Task brief: Where does the string "true" appear in the records? Copy every line that contains it.

-=-=-=-=-

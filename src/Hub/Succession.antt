-- ===== src/Hub/Succession.antt =====
-- Who becomes the host of a room (crates/kaigi-hub-echo/src/main.rs): when the host goes
-- (`handle_disconnect`), in the waiting room, and by the `Hello` of an absent connection.
use sora_kaigi.Base.{
  ℕ, ◌≤◌, ◌≡◌, refl, subst, ◌∙◌, true, false, none, some, List, [], ◌∷◌, is_empty, get, remove,
  is_some, nat_eq, str_eq, arith,
}
use sora_kaigi.Base.Text.{Str}
use sora_kaigi.Wire.Frames.{HelloFrame}
use sora_kaigi.Hub.State.{ConnId, Participant, RoomState}
use sora_kaigi.Hub.Roles.{is_host, sync_active_co_host_bindings}
use sora_kaigi.Hub.Admission.{
  routes_to_waiting_room, conn_or_participant_can_moderate, validate_join_allowed, claim_host,
  enter, hello_section, HelloOutcome,
}
use sora_kaigi.Hub.Invariant.Hello.{claim_host-participants, enter-absent}
use sora_kaigi.Hub.Lobby.{min_key, pass_host_on, disconnect_section}
use sora_kaigi.Hub.Invariant.{min_key-get, min_key-le}

-- A host never waits for admission, whatever the room's policy and the id in its `Hello`.
pub host-skips_waiting_room :
    (room : RoomState) (conn_id : ConnId) (id : Str)
    → is_host room conn_id ≡ true
    → routes_to_waiting_room room conn_id id ≡ false
unfolding routes_to_waiting_room conn_or_participant_can_moderate
host-skips_waiting_room room conn_id id h = ground arith

min_key-some :
    (m : List (ConnId × Participant)) → is_empty m ≡ false → (c : ConnId) × (min_key m ≡ some c)
unfolding min_key
min_key-some [] h = absurd (ground arith)
min_key-some ((k, p) ∷ m) h = (_, refl)

claim_host-host :
    (room : RoomState) (conn_id : ConnId) (id : Str)
    → room.host_conn_id ≡ none
    → (claim_host room conn_id id).host_conn_id ≡ some conn_id
unfolding claim_host sync_active_co_host_bindings
claim_host-host room conn_id id hostless = ground arith

entered_at_once :
    (room : RoomState) (conn_id : ConnId) (hello : HelloFrame) (at_ms delta_at_ms : ℕ)
    → room.anonymous_mode ≡ false
    → validate_join_allowed room conn_id hello.participant_id ≡ none
    → hello_section room conn_id hello at_ms delta_at_ms
      ≡ enter (claim_host room conn_id hello.participant_id) conn_id hello at_ms delta_at_ms
unfolding hello_section
entered_at_once room conn_id hello at_ms delta_at_ms open_room allowed = ground arith

entered_claimed :
    (room : RoomState) (conn_id : ConnId) (hello : HelloFrame) (at_ms delta_at_ms : ℕ)
    → room.anonymous_mode ≡ false
    → get room.participants conn_id ≡ none
    → validate_join_allowed room conn_id hello.participant_id ≡ none
    → hello_section room conn_id hello at_ms delta_at_ms
      ≡ (claim_host room conn_id hello.participant_id, HelloOutcome.participant_missing)
entered_claimed room conn_id hello at_ms delta_at_ms open_room absent allowed =
    let id = hello.participant_id in
    let missing =
      enter-absent (claim_host room conn_id id) conn_id hello at_ms delta_at_ms
        (rw (claim_host-participants room conn_id id) absent) in
    entered_at_once room conn_id hello at_ms delta_at_ms open_room allowed ∙ missing

module _ (room after : RoomState) (conn_id : ConnId) (at_ms left_at_ms : ℕ)
    (transparent : room.anonymous_mode ≡ false) (hosted : is_host room conn_id ≡ true)
    (left : (disconnect_section room conn_id at_ms left_at_ms).0 ≡ some after) where
  settled_host :
      (after.host_conn_id ≡ min_key (remove room.participants conn_id))
      × (after.participants ≡ remove room.participants conn_id)
  unfolding disconnect_section pass_host_on sync_active_co_host_bindings
  settled_host = ground arith

  remaining_one : is_empty (remove room.participants conn_id) ≡ false
  unfolding disconnect_section
  remaining_one = ground arith

  -- When the host of a transparent room leaves and the room is not dropped, there is a new host:
  -- the lowest connection number that is left, of someone who may still be waiting for admission.
  -- The others stay as they were.
  pub disconnect_section-host :
      (c : ConnId) × (after.host_conn_id ≡ some c)
      × (is_some (get after.participants c) ≡ true)
      × ((d : ConnId) → is_some (get after.participants d) ≡ true → c ≤ d)
      × (after.participants ≡ remove room.participants conn_id)
  disconnect_section-host =
      let remaining = remove room.participants conn_id in
      let (c, lowest) = min_key-some remaining remaining_one in
      (
        c,
        settled_host.0 ∙ lowest,
        rw settled_host.1 (min_key-get remaining c lowest),
        λ d h.
            min_key-le remaining c d lowest
              (subst (λ m. is_some (get m d) ≡ true) settled_host.1 h),
        settled_host.1,
      )

-- A connection that is not in the room may still send `Hello`. In a transparent room without a
-- host, where the checks let it join, it becomes the host although it has no entry, and the
-- handler then fails: the room has a host who is not in it.
pub removed_becomes_host :
    (room : RoomState) (conn_id : ConnId) (hello : HelloFrame) (at_ms delta_at_ms : ℕ)
    → room.anonymous_mode ≡ false
    → room.host_conn_id ≡ none
    → get room.participants conn_id ≡ none
    → validate_join_allowed room conn_id hello.participant_id ≡ none
    → let after = hello_section room conn_id hello at_ms delta_at_ms in
      (after.1 ≡ HelloOutcome.participant_missing)
      × (after.0.host_conn_id ≡ some conn_id)
      × (get after.0.participants conn_id ≡ none)
removed_becomes_host room conn_id hello at_ms delta_at_ms open_room hostless absent allowed =
    let id = hello.participant_id in
    let e = entered_claimed room conn_id hello at_ms delta_at_ms open_room absent allowed in
    rw e (
      refl,
      claim_host-host room conn_id id hostless,
      rw (claim_host-participants room conn_id id) absent,
    )
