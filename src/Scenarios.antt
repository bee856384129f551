-- ===== src/Scenarios.antt =====
-- Small rooms and connections on which the theorems are applied.
mod Fixtures
mod Streams
mod Rooms
mod Relays
mod Members
mod Money
mod Government
mod Sessions
mod Links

-=-=-=-=-

Expected answer:
  ℕ, ◌≤◌, ◌≡◌, refl, subst, ◌∙◌, true, false, none, some, List, [], ◌∷◌, is_empty, get, remove,
    → is_host room conn_id ≡ true
    (transparent : room.anonymous_mode ≡ false) (hosted : is_host room conn_id ≡ true)
      × (is_some (get after.participants c) ≡ true)
      × ((d : ConnId) → is_some (get after.participants d) ≡ true → c ≤ d)
              (subst (λ m. is_some (get m d) ≡ true) settled_host.1 h),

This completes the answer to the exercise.